BEGIN MATERIAL FOR THIS TASK

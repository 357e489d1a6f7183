-- ===== src/Accounts/Recovery.antt =====
-- internal/web/security.go: recovery codes, each of which stands in for the authenticator once.
use azeroth_core_web.Base.{
  ℕ, ◌+◌, ◌/◌, ◌%◌, ◌&&◌, not, Bool, false, Option, none, some, List, [], ◌∷◌, ◌++◌, map, Text,
  text_eq, ◌==◌, ltb, if◌then◌else◌, length, take, drop, keep_if, count_if, delete_if, trim_space,
  to_upper,
}
use azeroth_core_web.Db.{Exec, exec, update_or, pure, ◌>>=◌, ◌>>◌}
use azeroth_core_web.Accounts.{Accounts, RecoveryCode, Crypto}

-- `normalizeRecoveryCode`
unfoldable pub normalize_recovery_code : Text → Text
normalize_recovery_code code = to_upper (keep_if (λ c. not (c == 45)) (trim_space code))

-- `recoveryCodeHash`
unfoldable pub recovery_code_hash : Crypto → Text → Text
recovery_code_hash lib code = lib.sha256 (normalize_recovery_code code)

-- One digit of `hex.EncodeToString`, in lower case
abbrev pub hex_digit : ℕ → ℕ
hex_digit n = if ltb n 10 then 48 + n else 87 + n

unfoldable pub hex_encode : Text → Text
hex_encode [] = []
hex_encode (b ∷ bs) = hex_digit (b / 16) ∷ hex_digit (b % 16) ∷ hex_encode bs

-- Four groups of four digits.
unfoldable pub grouped : Text → Text
grouped value =
    take 4 value
    ++ 45 ∷ (take 4 (drop 4 value) ++ 45 ∷ (take 4 (drop 8 value) ++ 45 ∷ drop 12 value))

-- `generateRecoveryCodes`, from 8 random bytes for each code: the codes and their hashes
unfoldable pub generate_recovery_codes : Crypto → List Text → List Text × List Text
generate_recovery_codes lib raws =
    let codes = map (λ raw. grouped (to_upper (hex_encode raw))) raws in
    (codes, map (recovery_code_hash lib) codes)

abbrev pub is_code : ℕ → Text → RecoveryCode → Bool
is_code account hash x = (x.account == account) && text_eq x.code_hash hash

abbrev pub drop_code : ℕ → Text → Accounts → Accounts
drop_code account hash s = record s { codes = delete_if (is_code account hash) s.codes }

-- `consumeRecoveryCode`: a failed statement reads as a wrong code.
unfoldable pub consume_recovery_code : {E : Type 0} → Crypto → ℕ → Text → Exec Accounts E Bool
consume_recovery_code lib account code =
    if length (normalize_recovery_code code) == 16
    then (do
      rows ←
          update_or 0 (λ s. count_if (is_code account (recovery_code_hash lib code)) s.codes)
            (drop_code account (recovery_code_hash lib code))
      pure (rows == 1))
    else pure false

-- `INSERT INTO portal_totp_recovery_codes`: the account and the hash are the primary key.
unfoldable pub insert_code : ℕ → Text → Accounts → Option (Unit {0} × Accounts)
insert_code account hash s =
    if ltb 0 (count_if (is_code account hash) s.codes)
    then none
    else some
        (tt, record s { codes = s.codes ++ record { account = account; code_hash = hash } ∷ [] })

unfoldable pub insert_codes : {E : Type 0} → E → ℕ → List Text → Exec Accounts E Unit
insert_codes e account [] = pure tt
insert_codes e account (hash ∷ hashes) =
    exec e (insert_code account hash) >> insert_codes e account hashes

END MATERIAL FOR THIS TASK

A full, exact copy of the entries is the required answer.

repository 357e489d1a6f7183
-- ===== src/Accounts/Recovery.antt =====
-- internal/web/security.go: recovery codes, each of which stands in for the authenticator once.
use azeroth_core_web.Base.{
  ℕ, ◌+◌, ◌/◌, ◌%◌, ◌&&◌, not, Bool, false, Option, none, some, List, [], ◌∷◌, ◌++◌, map, Text,
  text_eq, ◌==◌, ltb, if◌then◌else◌, length, take, drop, keep_if, count_if, delete_if, trim_space,
  to_upper,
}
use azeroth_core_web.Db.{Exec, exec, update_or, pure, ◌>>=◌, ◌>>◌}
use azeroth_core_web.Accounts.{Accounts, RecoveryCode, Crypto}

-- `normalizeRecoveryCode`
unfoldable pub normalize_recovery_code : Text → Text
normalize_recovery_code code = to_upper (keep_if (λ c. not (c == 45)) (trim_space code))

-- `recoveryCodeHash`
unfoldable pub recovery_code_hash : Crypto → Text → Text
recovery_code_hash lib code = lib.sha256 (normalize_recovery_code code)

-- One digit of `hex.EncodeToString`, in lower case
abbrev pub hex_digit : ℕ → ℕ
hex_digit n = if ltb n 10 then 48 + n else 87 + n

unfoldable pub hex_encode : Text → Text
hex_encode [] = []
hex_encode (b ∷ bs) = hex_digit (b / 16) ∷ hex_digit (b % 16) ∷ hex_encode bs

-- Four groups of four digits.
unfoldable pub grouped : Text → Text
grouped value =
    take 4 value
    ++ 45 ∷ (take 4 (drop 4 value) ++ 45 ∷ (take 4 (drop 8 value) ++ 45 ∷ drop 12 value))

-- `generateRecoveryCodes`, from 8 random bytes for each code: the codes and their hashes
unfoldable pub generate_recovery_codes : Crypto → List Text → List Text × List Text
generate_recovery_codes lib raws =
    let codes = map (λ raw. grouped (to_upper (hex_encode raw))) raws in
    (codes, map (recovery_code_hash lib) codes)

abbrev pub is_code : ℕ → Text → RecoveryCode → Bool
is_code account hash x = (x.account == account) && text_eq x.code_hash hash

abbrev pub drop_code : ℕ → Text → Accounts → Accounts
drop_code account hash s = record s { codes = delete_if (is_code account hash) s.codes }

-- `consumeRecoveryCode`: a failed statement reads as a wrong code.
unfoldable pub consume_recovery_code : {E : Type 0} → Crypto → ℕ → Text → Exec Accounts E Bool
consume_recovery_code lib account code =
    if length (normalize_recovery_code code) == 16
    then (do
      rows ←
          update_or 0 (λ s. count_if (is_code account (recovery_code_hash lib code)) s.codes)
            (drop_code account (recovery_code_hash lib code))
      pure (rows == 1))
    else pure false

-- `INSERT INTO portal_totp_recovery_codes`: the account and the hash are the primary key.
unfoldable pub insert_code : ℕ → Text → Accounts → Option (Unit {0} × Accounts)
insert_code account hash s =
    if ltb 0 (count_if (is_code account hash) s.codes)
    then none
    else some
        (tt, record s { codes = s.codes ++ record { account = account; code_hash = hash } ∷ [] })

unfoldable pub insert_codes : {E : Type 0} → E → ℕ → List Text → Exec Accounts E Unit
insert_codes e account [] = pure tt
insert_codes e account (hash ∷ hashes) =
    exec e (insert_code account hash) >> insert_codes e account hashes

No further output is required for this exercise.